Francesco Cossiga raccontò che l'ambasciatore russo
Anatolij Adamiscin era venuto direttamente fino a Roma a trovarlo, era
agitatissimo e le sue parole furono esattamente questa: "Si può sapere a
che gioco giocano gli italiani? Perché nessuno interviene?"
Il
presidente della Repubblica Cossiga apprese così da Adamiscin che fra il
1991 e l'inizio del 1992, la Repubblica Russa ex Sovietica era stata
letteralmente dissanguata dall'esportazione del tesoro del Pcus, dei
fondi segreti del Kgb e di molti patrimoni occulti della nomenklatura
sovietica. Cossiga disse che Adamiscin gli parlò della più devastante
operazione criminale-finanziaria di tutti i tempi. Secondo
l'ambasciatore, il tesoro di Mosca era stato fatto affluire in Italia
attraverso canali finanziari già usati per il trasferimento di "aiuti ai
partiti fratelli" e alle loro aziende.
Cossiga in quel tempo
parlò con il presidente del Consiglio Giulio Andreotti, che era allora
in corsa per il Quirinale, benché l'assassinio del suo proconsole
siciliano Salvo Lima avvenuta il 12 marzo di quell'anno, l'avesse ormai
azzoppato.
Andreotti rispose a Cossiga con queste parole: "Sì,
bisogna fare qualcosa. Ma non sono io la persona adatta: se tiro in
ballo il Pcus e il Kgb potrei solo irritare i comunisti, mentre i loro
voti mi sono indispensabili". Poi dopo una breve riflessione - "Ho
un'idea" - aggiunse Andreotti - "chiama Giovanni Falcone e chiedigli di
dare una mano con discrezione. Gli fornirò la copertura diplomatica".
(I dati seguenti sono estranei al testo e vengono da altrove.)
-- ===== src/Saga/Run/Settle.antt =====
-- A compensating run settles: once every pending compensation has reported back, in any order and
-- however often, the run is compensated.

use jcool_ecommerce_backend.Base.{
  ℕ, ◌≡◌, ◌≢◌, refl, Bool, true, false, not, none, List, [], ◌∷◌, ◌++◌, map, arith, All, any,
  filter, contains, ◌==◌, ◌⊎◌,
}
use jcool_ecommerce_backend.Saga.{
  CheckoutStep, CheckoutSagaState, Transition, Expected, CompensationCommand, on_compensation_done,
}
use jcool_ecommerce_backend.Saga.Run.{Event, react, run_from}
use jcool_ecommerce_backend.Saga.Run.Coherence.{IsCoherent, on_compensation_done-IsCoherent}

abbrev pub Covers : List ℕ → List CompensationCommand → Type 0
Covers ids = All (λ c. contains c.id ids ≡ true)

filter-none_matching {ℓ} :
    {A : Type ℓ} (p : A → Bool) (xs : List A) → any p xs ≡ false → filter (λ x. not (p x)) xs ≡ xs
filter-none_matching p [] h = refl
filter-none_matching p (x ∷ xs) h = ground (arith, filter-none_matching p xs)

Covers-filter :
    (id : ℕ) (ids : List ℕ) (p : List CompensationCommand)
    → Covers (id ∷ ids) p
    → Covers ids (filter (λ c. not (c.id == id)) p)
Covers-filter id ids [] h = tt
Covers-filter id ids (c ∷ p) h = ground (arith, Covers-filter id ids p h.1)

pending-on_compensation_done :
    (s : CheckoutSagaState) (id : ℕ)
    → (on_compensation_done s id).state.pending ≡ filter (λ c. not (c.id == id)) s.pending
unfolding on_compensation_done
pending-on_compensation_done s id = ground (arith, filter-none_matching (λ c. c.id == id) s.pending)

-- Compensating or compensated, with an order that has been read.
abbrev pub IsUnwinding : CheckoutSagaState → Type 0
IsUnwinding s =
    ((s.step ≡ CheckoutStep.compensating) ⊎ (s.step ≡ CheckoutStep.compensated))
    × (s.order_status ≢ none)

on_compensation_done-IsUnwinding :
    (s : CheckoutSagaState) (id : ℕ) → IsUnwinding s → IsUnwinding (on_compensation_done s id).state
unfolding on_compensation_done
on_compensation_done-IsUnwinding s id h = ground arith

compensated_of_done :
    (s : CheckoutSagaState)
    → IsCoherent s
    → IsUnwinding s
    → s.pending ≡ []
    → s.step ≡ CheckoutStep.compensated
compensated_of_done s h u e = ground (arith, h.pending_fits)

pending-of_covered_by_none : (p : List CompensationCommand) → Covers [] p → p ≡ []
pending-of_covered_by_none [] h = refl
pending-of_covered_by_none (c ∷ p) h = cc (h.0)

-- From a coherent state that is unwinding, reports of a list of ids that covers every pending
-- compensation lead to the step COMPENSATED.
pub run_from-compensated :
    (x : Expected) (t : Transition) (ids : List ℕ)
    → IsCoherent t.state
    → IsUnwinding t.state
    → Covers ids t.state.pending
    → (run_from x t (map Event.compensation_done ids)).state.step ≡ CheckoutStep.compensated
unfolding run_from react
run_from-compensated x t [] h u c =
    compensated_of_done t.state h u (pending-of_covered_by_none t.state.pending c)
run_from-compensated x t (id ∷ ids) h u c =
    let next = on_compensation_done t.state id in
    run_from-compensated x (record { state = next.state; commands = t.commands ++ next.commands })
      ids (on_compensation_done-IsCoherent t.state h id)
      (on_compensation_done-IsUnwinding t.state id u)
      (rw (pending-on_compensation_done t.state id) (Covers-filter id ids t.state.pending c))
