-- ===== src/Budget/Ledger/Limits.antt =====
-- The limits of a policy as a predicate on the ledger, through dispatch, settlement and release.
use native.Mathlib.Nat.{le_trans}
use my_team_tradding.Budget.Ledger.{
  Key, Ledger, active, charge, check_limits, get, is_active, is_same_cycle, is_same_day,
  is_same_month, put, total, values,
}
use my_team_tradding.Budget.Ledger.Sums.{
  charge_if, charged-put_le, charged-put_new, count_if, selected-put_le, selected-put_new,
}
use my_team_tradding.Budget.Types.{
  AiBudgetPolicy, BudgetReservation, Calendar, day_of, released, reserved, same_state,
}
use my_team_tradding.Decimal.{Decimal}
use my_team_tradding.Prelude.{
  ==_iff, Bool, String, arith, false, filter, if◌then◌else◌, inl, inr, length, none, refl, some,
  str_eq_iff, subst, true, ℕ, ◌+◌, ◌<◌, ◌==◌, ◌≡◌, ◌≤◌, ◌⊎◌,
}
use my_team_tradding.Prelude.Int.{int_laws, ltb_ℤ, pos, ◌+ℤ◌, ◌≤ℤ◌}
use my_team_tradding.Prelude.Result.{ok}

-- The limits, over the very selections that `reserve_if_within` makes. `at` ranges over instants.
pub record IsWithin (cal : Calendar) (policy : AiBudgetPolicy) (l : Ledger) : Type 0 where
  pub cycles :
      (cycle_id : String)
      → length (filter (is_same_cycle cycle_id) (active policy.policy_ref (values l)))
        ≤ policy.maximum_calls_per_cycle
  pub days :
      (at : ℕ)
      → length (filter (is_same_day at) (active policy.policy_ref (values l)))
        ≤ policy.maximum_calls_per_day
  pub daily :
      (at : ℕ)
      → total (filter (is_same_day at) (active policy.policy_ref (values l))) ≤ℤ policy.daily_budget
  pub monthly :
      (at : ℕ)
      → total (filter (is_same_month cal at) (active policy.policy_ref (values l)))
        ≤ℤ policy.monthly_budget

-- `v` may stand where `r` stood without weighing more.
pub record IsLighter (v r : BudgetReservation) : Type 0 where
  pub same_cycle : v.cycle_id ≡ r.cycle_id
  pub same_policy : v.policy_ref ≡ r.policy_ref
  pub same_time : v.created_at ≡ r.created_at
  pub stays_released : same_state r.state released ≡ true → same_state v.state released ≡ true
  pub costs_less : charge v ≤ℤ charge r
  pub costs_something : pos 0 ≤ℤ charge r

module _ (ref : String) (v r : BudgetReservation) (h : IsLighter v r) where
  cycle_lighter :
      (cycle_id : String)
      → count_if (is_active ref) (is_same_cycle cycle_id) v
        ≤ count_if (is_active ref) (is_same_cycle cycle_id) r
  unfolding is_active
  cycle_lighter cycle_id = ground arith

  day_lighter :
      (at : ℕ)
      → count_if (is_active ref) (is_same_day at) v ≤ count_if (is_active ref) (is_same_day at) r
  unfolding is_active
  day_lighter at = ground arith

  day_charge_lighter :
      (at : ℕ)
      → charge_if (is_active ref) (is_same_day at) v ≤ℤ charge_if (is_active ref) (is_same_day at) r
  unfolding is_active
  day_charge_lighter at = ground arith

  month_charge_lighter :
      (cal : Calendar) (at : ℕ)
      → charge_if (is_active ref) (is_same_month cal at) v
        ≤ℤ charge_if (is_active ref) (is_same_month cal at) r
  unfolding is_active
  month_charge_lighter cal at = ground arith

module _ (cal : Calendar) (policy : AiBudgetPolicy) where
  -- Writing a lighter item over an old one keeps the limits.
  pub put-IsWithin :
      (k : Key) (v r : BudgetReservation) (l : Ledger)
      → get k l ≡ some r
      → IsLighter v r
      → IsWithin cal policy l
      → IsWithin cal policy (put k v l)
  put-IsWithin k v r l found lighter h =
      let ref = policy.policy_ref in
      record {
        cycles = λ cycle_id.
            le_trans
              (selected-put_le (is_active ref) (is_same_cycle cycle_id) k v l r found
                (cycle_lighter ref v r lighter cycle_id))
              (h.cycles cycle_id);
        days = λ at.
            le_trans
              (selected-put_le (is_active ref) (is_same_day at) k v l r found
                (day_lighter ref v r lighter at))
              (h.days at);
        daily = λ at. omega (
          arith,
          charged-put_le (is_active ref) (is_same_day at) k v l r found
              (day_charge_lighter ref v r lighter at),
          h.daily at,
        );
        monthly = λ at. omega (
          arith,
          charged-put_le (is_active ref) (is_same_month cal at) k v l r found
              (month_charge_lighter ref v r lighter cal at),
          h.monthly at,
        );
      }

  -- What the limit check has established about a new item.
  pub record IsAffordable (r : BudgetReservation) (l : Ledger) : Type 0 where
    pub cycle_room :
        length (filter (is_same_cycle r.cycle_id) (active policy.policy_ref (values l)))
        < policy.maximum_calls_per_cycle
    pub day_room :
        length (filter (is_same_day r.created_at) (active policy.policy_ref (values l)))
        < policy.maximum_calls_per_day
    pub daily_room :
        total (filter (is_same_day r.created_at) (active policy.policy_ref (values l)))
          +ℤ r.reserved_amount
        ≤ℤ policy.daily_budget
    pub monthly_room :
        total (filter (is_same_month cal r.created_at) (active policy.policy_ref (values l)))
          +ℤ r.reserved_amount
        ≤ℤ policy.monthly_budget

  pub check_limits-IsAffordable :
      (r : BudgetReservation) (l : Ledger)
      → check_limits cal (values l) r policy ≡ ok tt
      → IsAffordable r l
  unfolding check_limits ltb_ℤ
  check_limits-IsAffordable r l h = ground arith

  -- One more item fits under a limit that its own selection has room below, and changes no other
  -- selection.
  counted_room :
      (q p : BudgetReservation → Bool) (r : BudgetReservation) (used limit : ℕ)
      → used ≤ limit
      → (p r ≡ true → used < limit)
      → used + count_if q p r ≤ limit
  counted_room q p r used limit h room = ground arith

  charged_room :
      (q p : BudgetReservation → Bool) (r : BudgetReservation) (used limit : Decimal)
      → r.state ≡ reserved
      → used ≤ℤ limit
      → (p r ≡ true → used +ℤ r.reserved_amount ≤ℤ limit)
      → used +ℤ charge_if q p r ≤ℤ limit
  unfolding charge
  charged_room q p r used limit state h room = elim (charge_cases (q r) (p r)) [
    | inl (counted, e) ↦ rw e (rw state (room counted))
    | inr e ↦ rw e (omega (int_laws, h))
  ]
    where
      charge_cases :
          (a b : Bool)
          → ((b ≡ true) × ((if a then (if b then charge r else pos 0) else pos 0) ≡ charge r))
            ⊎ ((if a then (if b then charge r else pos 0) else pos 0) ≡ pos 0)
      charge_cases true true = inl (refl, refl)
      charge_cases true false = inr refl
      charge_cases false b = inr refl

  -- A new item that the check lets through keeps the limits, also of the days, months and cycles
  -- that are not its own.
  pub put-IsWithin_new :
      (k : Key) (r : BudgetReservation) (l : Ledger)
      → get k l ≡ none
      → r.state ≡ reserved
      → IsAffordable r l
      → IsWithin cal policy l
      → IsWithin cal policy (put k r l)
  put-IsWithin_new k r l fresh state room h =
      let ref = policy.policy_ref in
      let items = active ref (values l) in
      record {
        cycles = λ cycle_id.
            rw (selected-put_new (is_active ref) (is_same_cycle cycle_id) k r l fresh) (
              counted_room (is_active ref) (is_same_cycle cycle_id) r _ _ (h.cycles cycle_id)
                λ same.
                  subst
                    (λ y. length (filter (is_same_cycle y) items) < policy.maximum_calls_per_cycle)
                    ((str_eq_iff _ _).0 same) room.cycle_room);
        days = λ at. rw (selected-put_new (is_active ref) (is_same_day at) k r l fresh) (
            counted_room (is_active ref) (is_same_day at) r _ _ (h.days at) λ same.
              subst
                (λ d.
                  length (filter (λ x. day_of x.created_at == d) items)
                  < policy.maximum_calls_per_day)
                ((==_iff _ _).0 same) room.day_room);
        daily = λ at. rw (charged-put_new (is_active ref) (is_same_day at) k r l fresh) (
            charged_room (is_active ref) (is_same_day at) r _ policy.daily_budget state (h.daily at)
              λ same.
                subst
                  (λ d.
                    total (filter (λ x. day_of x.created_at == d) items) +ℤ r.reserved_amount
                    ≤ℤ policy.daily_budget)
                  ((==_iff _ _).0 same) room.daily_room);
        monthly = λ at. rw (charged-put_new (is_active ref) (is_same_month cal at) k r l fresh) (
            charged_room (is_active ref) (is_same_month cal at) r _ policy.monthly_budget state
              (h.monthly at)
              λ same.
                subst
                  (λ m.
                    total (filter (λ x. cal.month (day_of x.created_at) == m) items)
                      +ℤ r.reserved_amount
                    ≤ℤ policy.monthly_budget)
                  ((==_iff _ _).0 same) room.monthly_room);
      }

  -- An item of another policy does not touch this one's limits.
  pub put-IsWithin_other :
      (k : Key) (r : BudgetReservation) (l : Ledger)
      → get k l ≡ none
      → is_active policy.policy_ref r ≡ false
      → IsWithin cal policy l
      → IsWithin cal policy (put k r l)
  put-IsWithin_other k r l fresh inactive h =
      let ref = policy.policy_ref in
      record {
        cycles = λ cycle_id.
            rw (selected-put_new (is_active ref) (is_same_cycle cycle_id) k r l fresh)
              (rw inactive (omega (arith, h.cycles cycle_id)));
        days = λ at.
            rw (selected-put_new (is_active ref) (is_same_day at) k r l fresh)
              (rw inactive (omega (arith, h.days at)));
        daily = λ at.
            rw (charged-put_new (is_active ref) (is_same_day at) k r l fresh)
              (rw inactive (omega (int_laws, h.daily at)));
        monthly = λ at.
            rw (charged-put_new (is_active ref) (is_same_month cal at) k r l fresh)
              (rw inactive (omega (int_laws, h.monthly at)));
      }
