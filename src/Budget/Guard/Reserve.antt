-- ===== src/Budget/Guard/Reserve.antt =====
-- What a reservation that returns has checked and written.
use my_team_tradding.Budget.Guard.{
  estimate_maximum_cost, is_outside_window, new_reservation, preflight, reserve,
}
use my_team_tradding.Budget.Ledger.{
  Key, Ledger, check_limits, get, has_any_attempt, has_attempt, has_key, put, reserve_if_within,
  values,
}
use my_team_tradding.Budget.Ledger.Limits.{IsAffordable, check_limits-IsAffordable}
use my_team_tradding.Budget.Types.{
  AiBudgetPolicy, BudgetReservation, Calendar, PricingProfile, RuntimeProfile,
}
use my_team_tradding.Decimal.{Decimal, DecimalContext}
use my_team_tradding.Prelude.{
  Option, String, ap, arith, false, ltb, none, not, or-eq-false, refl, some, str_eq, str_eq_iff,
  subst, sym, true, ℕ, ◌&&◌, ◌-◌, ◌<◌, ◌==◌, ◌||◌, ◌≡◌, ◌≤◌,
}
use my_team_tradding.Prelude.Int.{ltb_ℤ, ltb_ℤ→ge, ◌≤ℤ◌}
use my_team_tradding.Prelude.Result.{>>=-returned, ok, ok-injective, refused-eq-ok}

-- The attempt is new, it is the first of its invocation or follows the attempt before it, and the
-- limits had room for it.
pub record IsAdmitted (cal : Calendar) (policy : AiBudgetPolicy) (r : BudgetReservation)
    (l l' : Ledger) : Type 0 where
  pub fresh : get (r.invocation_id, r.attempt_number) l ≡ none
  pub first : r.attempt_number ≡ 1 → has_any_attempt r.invocation_id l ≡ false
  pub follows : 1 < r.attempt_number → has_attempt r.invocation_id (r.attempt_number - 1) l ≡ true
  pub room : IsAffordable cal policy r l
  pub written : l' ≡ put (r.invocation_id, r.attempt_number) r l

has_key-eq-false : (k : Key) (l : Ledger) → has_key k l ≡ false → get k l ≡ none
unfolding has_key
has_key-eq-false k l h = ground arith

pub reserve_if_within-IsAdmitted :
    (cal : Calendar) (r v : BudgetReservation) (policy : AiBudgetPolicy) (l l' : Ledger)
    → reserve_if_within cal r policy l ≡ ok (v, l')
    → IsAdmitted cal policy r l l' × (v ≡ r)
unfolding reserve_if_within
reserve_if_within-IsAdmitted cal r v policy l l' h =
    let n = r.attempt_number in
    let key : Key = (r.invocation_id, n) in
    let (unique, h1) =
      refused-eq-ok (has_key key l || (n == 1 && has_any_attempt r.invocation_id l)) _ _ _ h in
    let (next, h2) =
      refused-eq-ok (ltb 1 n && not (has_attempt r.invocation_id (n - 1) l)) _ _ _ h1 in
    let (u, checked, written) = >>=-returned (check_limits cal (values l) r policy) _ h2 in
    let (absent, alone) = or-eq-false (has_key key l) _ unique in
    (
      record {
        fresh = has_key-eq-false key l absent;
        first = λ e. ground arith;
        follows = λ e. ground arith;
        room = check_limits-IsAffordable cal policy r l checked;
        written = ap (λ p. p.1) (ok-injective (sym written));
      },
      ap (λ p. p.0) (ok-injective (sym written)),
    )

-- The guard's own bounds on an accepted call.
pub record IsWithinCall (c : DecimalContext) (runtime : RuntimeProfile) (policy : AiBudgetPolicy)
    (pricing : PricingProfile) (estimate : Option ℕ) (moment : ℕ) (cost : Decimal) : Type 0 where
  pub tokens : ℕ
  pub estimated : estimate ≡ some tokens
  pub input_bound : tokens ≤ policy.maximum_input_tokens
  pub output_bound : runtime.max_output_tokens ≤ policy.maximum_output_tokens
  pub same_policy : runtime.cost_policy_ref ≡ policy.policy_ref
  pub same_currency : pricing.currency ≡ policy.currency
  pub priced : is_outside_window pricing moment ≡ false
  pub cost_is : cost ≡ estimate_maximum_cost c tokens runtime.max_output_tokens pricing
  pub cost_bound : cost ≤ℤ policy.maximum_estimated_cost_per_call

module _ (c : DecimalContext) (runtime : RuntimeProfile) (policy : AiBudgetPolicy)
    (pricing : PricingProfile) (moment : ℕ) where
  preflight_tests :
      (estimate : Option ℕ) (tokens : ℕ)
      → preflight runtime estimate policy pricing moment ≡ ok tokens
      → (str_eq runtime.cost_policy_ref policy.policy_ref ≡ true)
        × (estimate ≡ some tokens)
        × (tokens ≤ policy.maximum_input_tokens)
        × (runtime.max_output_tokens ≤ policy.maximum_output_tokens)
        × (str_eq pricing.currency policy.currency ≡ true)
        × (is_outside_window pricing moment ≡ false)
  unfolding preflight
  preflight_tests none tokens h = ground arith
  preflight_tests (some n) tokens h = ground arith

  -- A reservation through the guard is within the bounds of a call, and its reservation, which holds
  -- the estimated cost, is admitted by the ledger.
  pub reserve-IsWithinCall :
      (cal : Calendar) (invocation_id cycle_id : String) (estimate : Option ℕ) (attempt_number : ℕ)
      (l l' : Ledger) (v : BudgetReservation)
      → reserve c cal invocation_id cycle_id runtime estimate policy pricing moment attempt_number l
        ≡ ok (v, l')
      → (cost : Decimal) × IsWithinCall c runtime policy pricing estimate moment cost
        × (v ≡ new_reservation invocation_id attempt_number cycle_id policy cost moment)
        × IsAdmitted cal policy v l l'
  unfolding reserve
  reserve-IsWithinCall cal invocation_id cycle_id estimate attempt_number l l' v h =
      let (tokens, checked, rest) =
        >>=-returned (preflight runtime estimate policy pricing moment) _ h in
      let (same_policy, given, input, output, currency, window) =
        preflight_tests estimate tokens checked in
      let cost = estimate_maximum_cost c tokens runtime.max_output_tokens pricing in
      let (bound, admitted) =
        refused-eq-ok (ltb_ℤ policy.maximum_estimated_cost_per_call cost) _ _ _ rest in
      let r = new_reservation invocation_id attempt_number cycle_id policy cost moment in
      let (is_admitted, same) = reserve_if_within-IsAdmitted cal r v policy l l' admitted in
      (
        cost,
        record {
          tokens = tokens;
          estimated = given;
          input_bound = input;
          output_bound = output;
          same_policy = (str_eq_iff _ _).0 same_policy;
          same_currency = (str_eq_iff _ _).0 currency;
          priced = window;
          cost_is = refl;
          cost_bound = ltb_ℤ→ge _ _ bound;
        },
        same,
        subst (λ w. IsAdmitted cal policy w l l') (sym same) is_admitted,
      )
Cossiga convocò così il giudice Giovanni Falcone e gli fece una
proposta che, se non era indecente, era almeno stravagante, visto che
Falcone non aveva più il potere giudiziario di indagare.
Cossiga
spiego il problema con queste parole a Falcone: "Dobbiamo far capire ai
russi che prendiamo sul serio il problema. Sono sicuri che dietro il
trasferimento di fondi ci siano entità potenti che vanno oltre la
vecchia filiera dei finanziamenti del Pcus al Pci".
Falcone
accettò e come suo solito si gettò a capofitto nell'inchiesta che aveva a
un capolinea Mosca e all'altro Palermo e Roma. Cercò Stepankov, che lo
raggiunse a Roma. I due si piacquero molto.
Claudio Martelli,
che era stato ministro di Grazia e giustizia all'epoca della strage di
Capaci, alla presentazione del libro "Oro da Mosca" di Valerio Riva e
Francesco Bigazzi (Mondadori, 1999) - cui parteciparono lo stesso
Valentin Stepankov e Giulio Andreotti - rievocò lo stato d'animo di
Falcone: "Un giorno venne in ufficio da me. Era molto eccitato perché
aveva avuto un'eccellente impressione di Stepankov (un uomo di
prim'ordine) e poi per la materia evidentemente incandescente di cui si
stava occupando".
Nota: credetemi che il termine "incandescente" è un aggettivo appropriato visto che si stava smuovendo un vespaio.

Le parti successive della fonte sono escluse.